第4話 召喚先④前世の記憶

「油断ならないな。私の嫁は」


 嫁!? なぜに、嫁呼ばわり?


「君の性格は把握した。王子たる私を最初から睨みつけ、責任者とわかったら噛み付かんばかりだったから予想はしていたのだが、まさに想像通りだ。

 そんな君だから側室になるのは嫌がると思って、脅して追い込むか、現状を伝えて悟らせようとしてみたのだが、どちらもうまくいかなかった。

 話し合いで納得してくれるのを望むが、どうだろう、側室は嫌か?」


 わたしは勢いづいて頷いた。

 最初から睨んでいたなんて、そんなつもりはなかったんだけど、行動に思いがにじみ出ちゃってたのね。


「そうか、残念だ。君は簡単に意志を曲げないだろうから、堂々巡りになる。だから、強制的に側室になってもらうよ」


 いつの間にか、わたしの両手首をまとめて持っている。びっくりして見上げると、ものすごいいい笑顔をしていた。なのに、なぜか身の危険を感じる。


「本当におばかさんなのかな? さっき言ったはずだよ。犠牲が生じても引かないって。従わないなら力業になるって。

 君が侍女になり、側室になるのは決定事項なんだ。君が自分の意志で、神殿にて声を張り上げたときからね。

 思い違いをしているようだけど、私は君の敵ではないんだよ。むしろ君を助けられるのは私だけなんだ」


 なんか、非常にマズイ。

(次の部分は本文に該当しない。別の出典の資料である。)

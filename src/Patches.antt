-- ===== src/Patches.antt =====
-- `marginal_novelty_gain` of backend/src/wandermind/cognitive/patches.py.
use wander_mind.Prelude.{
  ℕ, ◌+◌, List, [], ◌∷◌, min, max, length, contains, insert_new, if◌then◌else◌,
}
use wander_mind.Float.{Float, FloatOps, f0_0, f1_0, f0_45, f0_25, f0_30}
use wander_mind.Models.Thought.{KnowledgeItem}

-- `max(0.0, min(1.0, value))`
unfoldable pub clamp : Float → Float
clamp value = max f0_0 (min f1_0 value)

-- `sum(item.id not in visited_ids for item in candidate_items)`
unfoldable pub count_new : List ℕ → List KnowledgeItem → ℕ
count_new visited_ids [] = 0
count_new visited_ids (item ∷ items) =
    let rest = count_new visited_ids items in
    if contains visited_ids item.id then rest else rest + 1

-- `{item.id for item in candidate_items}`
unfoldable pub unique_ids : List ℕ → List KnowledgeItem → List ℕ
unique_ids seen [] = seen
unique_ids seen (item ∷ items) = unique_ids (insert_new seen item.id) items

module _ (ops : FloatOps) where
  unfoldable pub marginal_novelty_gain : List ℕ → List KnowledgeItem → Float → Float
  marginal_novelty_gain visited_ids [] semantic_difference = f0_0
  marginal_novelty_gain visited_ids (item ∷ items) semantic_difference =
      let n = ops.of_int (length (item ∷ items)) in
      let new_node_ratio = ops.over (ops.of_int (count_new visited_ids (item ∷ items))) n in
      let uniqueness = ops.over (ops.of_int (length (unique_ids [] (item ∷ items)))) n in
      clamp (
        ops.add (ops.add (ops.times f0_45 new_node_ratio) (ops.times f0_25 uniqueness))
          (ops.times f0_30 semantic_difference))
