-- ===== src/Engine/Explore.antt =====
-- The body of the loop of `run` in backend/src/wandermind/cognitive/engine.py, up to the score: the
-- move, the collision, the operator, the synthesis and the new candidate.
use wander_mind.Prelude.{
  ℕ, ◌+◌, Text, text, String, Bool, true, false, Option, none, some, [], ◌∷◌, ◌++◌, insert_new, ltb,
  if◌then◌else◌, is_empty,
}
use wander_mind.Float.{Float, f0_15, f2_0}
use wander_mind.Exec.{◌>>=◌, ◌>>◌, pure, gets, modify}
use wander_mind.Models.Enums.{CandidateStatus}
use wander_mind.Models.Enums.CognitiveState.{wander, collision, generate, score}
use wander_mind.Models.Thought.{
  KnowledgeItem, RetrievedItem, Association, OperatorContext, OperatorResult,
  CandidateSynthesisResult, Candidate, absent, Seed, KnowledgePatch,
}
use wander_mind.Models.Session.{operator_execution_error, component_error}
use wander_mind.Patches.{marginal_novelty_gain}
use wander_mind.Engine.Components.{Components}
use wander_mind.Engine.State.{RunState, Run, candidate_row, ask, attempt}
use wander_mind.Engine.Record.{no_fields, record_step, transition_to}

-- `source_items=[left.id, right.id]` and what the round has found out about the two.
pub record Found : Type 0 where
  pub left : KnowledgeItem
  pub right : KnowledgeItem
  pub association : Association
  pub novelty_gain : Float

abbrev label_of : Option KnowledgePatch → Text
label_of none = []
label_of (some p) = p.label

-- The counters of a move, in the locals and in the session's metadata.
unfoldable pub count_move : Bool → RunState → RunState
count_move changes_patch s =
    let switches = s.patch_switches + (if changes_patch then 1 else 0) in
    let moves = s.wander_moves + 1 in
    record s {
      patch_switches = switches;
      wander_moves = moves;
      session = record (s.session) {
        metadata = record (s.session.metadata) { patch_switches = switches; wander_moves = moves };
      };
    }

unfoldable pub visit : KnowledgeItem → KnowledgeItem → RunState → RunState
visit left right s = record s {
  visited_path = insert_new (insert_new s.visited_path left.id) right.id;
}

move_reason :
    Bool → Option KnowledgePatch → Option KnowledgePatch → KnowledgeItem → KnowledgeItem → Text
move_reason true from to left right =
    text "controlled remote jump from " ++ label_of from ++ text " to " ++ label_of to
move_reason false from to left right =
    text "selected " ++ left.title ++ text " and " ++ right.title ++ text " within one patch"

unfoldable pub use_operator : String → RunState → RunState
use_operator operator s = record s {
  previous_operators = s.previous_operators ++ operator ∷ [];
  session = record (s.session) {
    trace = record (s.session.trace) { operators = s.session.trace.operators ++ operator ∷ [] };
  };
}

-- `runtime_calls_used += calls`
unfoldable pub spend_calls : ℕ → RunState → RunState
spend_calls calls s = record s { runtime_calls_used = s.runtime_calls_used + calls }

unfoldable pub save_calls : RunState → RunState
save_calls s = record s {
  session = record (s.session) {
    metadata = record (s.session.metadata) { runtime_calls_used = s.runtime_calls_used };
  };
}

-- `candidates.create(candidate)`, and the two lists that it is appended to.
unfoldable pub add_candidate : Candidate → RunState → RunState
add_candidate candidate s = record s {
  candidates = s.candidates ++ candidate ∷ [];
  session = record (s.session) {
    trace = record (s.session.trace) {
      candidate_ids = s.session.trace.candidate_ids ++ candidate.id ∷ [];
    };
  };
  writes = candidate_row candidate ∷ s.writes;
}

unfoldable pub unsynthesized : OperatorResult → CandidateSynthesisResult
unsynthesized operator_result = record {
  operator_result = operator_result;
  runtime_calls = 0;
  verified = false;
  provider = none;
  error = none;
}

abbrev or_text : Option Text → Text → Text
or_text none fallback = fallback
or_text (some t) fallback = if is_empty t then fallback else t

abbrev none_text : Option Text → Text
none_text none = text "None"
none_text (some t) = t

module _ (w : Components) where
  -- From the counters of the move to its step; the result is `novelty_gain`.
  unfoldable pub wander_move :
      Bool
      → Option KnowledgePatch
      → Option KnowledgePatch
      → RetrievedItem
      → RetrievedItem
      → Run Float
  unfolding move_reason
  wander_move changes_patch from to left_result right_result = do
    let left = left_result.item
    let right = right_result.item
    modify (count_move changes_patch)
    s ← gets (λ s. s)
    let novelty_gain =
        marginal_novelty_gain w.ops s.visited_path (left ∷ right ∷ [])
          (w.ops.abs_diff left_result.distance right_result.distance)
    modify (visit left right)
    record_step w wander (if changes_patch then "patch_switch" else "local_wander")
        (move_reason changes_patch from to left right)
        (record no_fields {
          item_ids = left.id ∷ right.id ∷ [];
          distance = some right_result.distance;
          novelty_gain = some novelty_gain;
          relevance =
              some (w.ops.over (w.ops.add left_result.relevance right_result.relevance) f2_0);
        })
    pure novelty_gain

  discard_weak : Run Bool
  discard_weak = do
    transition_to w wander "discard_weak_collision" (text "collision lacked an explainable bridge")
        no_fields
    pure false

  -- The collision of the two items; the result says whether it is strong enough to go on.
  unfoldable pub collide : Found → Run Bool
  unfolding discard_weak
  collide found = do
    let ids = found.left.id ∷ found.right.id ∷ []
    transition_to w collision "detect_collision" found.association.explanation (record no_fields {
      item_ids = ids;
      distance = some found.association.distance;
      novelty_gain = some found.novelty_gain;
      collision_score = some found.association.strength;
    })
    if ltb found.association.strength f0_15 then discard_weak else pure true

  -- The call of the synthesizer with its two steps.
  unfoldable pub synthesize_with :
      (ℕ → OperatorContext → OperatorResult → Option CandidateSynthesisResult)
      → OperatorContext
      → String
      → OperatorResult
      → Run CandidateSynthesisResult
  synthesize_with synthesizer context operator operator_result = do
    let step = record no_fields {
      item_ids = context.left.id ∷ context.right.id ∷ [];
      operator = some operator;
    }
    record_step w generate "agent_synthesis"
        (text "sent the grounded operator draft to the configured Agent Runtime") step
    synthesis ← attempt component_error (λ t. synthesizer t context operator_result)
    modify (spend_calls synthesis.runtime_calls)
    record_step w generate
        (if synthesis.verified then "agent_synthesis_completed" else "agent_synthesis_fallback")
        (if synthesis.verified
          then text "Agent Runtime grounded the candidate via " ++ none_text synthesis.provider
          else text "used the deterministic draft after "
            ++ or_text synthesis.error (text "runtime_unavailable"))
        step
    pure synthesis

  -- A synthesizer is called only while the runtime budget has a call left.
  unfoldable pub synthesize :
      Option (ℕ → OperatorContext → OperatorResult → Option CandidateSynthesisResult)
      → OperatorContext
      → String
      → OperatorResult
      → Run CandidateSynthesisResult
  synthesize none context operator operator_result = pure (unsynthesized operator_result)
  synthesize (some synthesizer) context operator operator_result = do
    s ← gets (λ s. s)
    if ltb s.runtime_calls_used s.session.budget.max_runtime_calls
        then synthesize_with synthesizer context operator operator_result
        else pure (unsynthesized operator_result)

  unfoldable pub new_candidate : Seed → Found → String → OperatorResult → ℕ → RunState → Candidate
  new_candidate seed found operator operator_result id s = record {
    id = id;
    session_id = s.session.id;
    candidate_type = operator_result.wonder_type;
    statement = operator_result.statement;
    explanation = operator_result.explanation;
    seed_id = seed.id;
    source_items = found.left.id ∷ found.right.id ∷ [];
    operator = operator;
    wander_path = s.visited_path;
    scores = none;
    status = CandidateStatus.generated;
    threshold_decision = none;
    runtime_review = absent;
    runtime_revision = none;
    quality_guard = none;
  }

  -- From the choice of an operator to the candidate, which is created but not scored.
  unfoldable pub generate_candidate : Found → Run (Candidate × CandidateSynthesisResult)
  unfolding synthesize synthesize_with new_candidate
  generate_candidate found = do
    s ← gets (λ s. s)
    let context : OperatorContext = record {
      seed = s.seed;
      left = found.left;
      right = found.right;
      association = found.association;
    }
    operator ← attempt component_error (λ t. w.select_operator t context s.previous_operators)
    modify (use_operator operator)
    transition_to w generate "apply_operator" (text "applied " ++ text operator) (record no_fields {
      item_ids = found.left.id ∷ found.right.id ∷ [];
      operator = some operator;
    })
    operator_result ← attempt operator_execution_error (λ t. w.apply_operator t operator context)
    synthesis ← synthesize w.candidate_synthesizer context operator operator_result
    modify save_calls
    id ← ask w.uuid4
    now ← gets (λ s. s)
    let candidate = new_candidate now.seed found operator synthesis.operator_result id now
    modify (add_candidate candidate)
    transition_to w score "score_candidate" candidate.statement
        (record no_fields { candidate_ids = id ∷ [] })
    pure (candidate, synthesis)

とにかく、ここではないどこかに行かなくては。

 手首の戒めを解きたいのに、どうやっても外れない。


「こんなに嫌がられると、逆に新鮮だ」


「わかりました! 侍女になります。逃げられないと理解しました。放してください」


「側室も理解したかな?」


「あのですね、フリだとしても、ありえないでしょう? おいくつですか? わたしは絶対あなたの親より年上ですよ? それに王子が、異世界の庶民と婚姻なんて許されるわけないじゃないですか」


 わたしはギャンギャン吠えた。とにかくなんでもいい、突破口を!


「はは、認識を間違えているね。王子だから可能なんだ。確かに正室に君を迎えるのは難しいが、君に侍女仕事を教え込むためとでも言って、半年ぐらいこの部屋から出さなければ、誰も寵愛を疑わない。その間に身籠ってくれれば、なおいいけれど」


 半年監禁、寵愛、身籠もる? 何言ってんの、この人。


「冗談、ですよね?」


「本気だが?」


 理解不能! 意味がわからない。


「下がれ」


 今までと全く異なる冷たい声音に、びくっとしてしまう。


「ああ、すまない。影の者に言ったんだ。閨事ねやごとを見られるのは、君は恥ずかしいだろう?」


 影って、ああ、王子だもんね。忍びみたいなのがついて、守ってるのか。

 ? ねや? 閨事って言った?

 

「しょ、正気になって。見てくれの悪い、脂ののったババァを側室にする、どこに利益が?」


「それを言ったのは義弟おとうとだ。確かに、君を嫁にしても今は私にはひとつも利はない。だが、利になることなんて、いくらでも作れる。たとえば、聖女ではなくおまけでついてきた君と婚姻を結べば、民から慈悲深い王子だと思われるだろう。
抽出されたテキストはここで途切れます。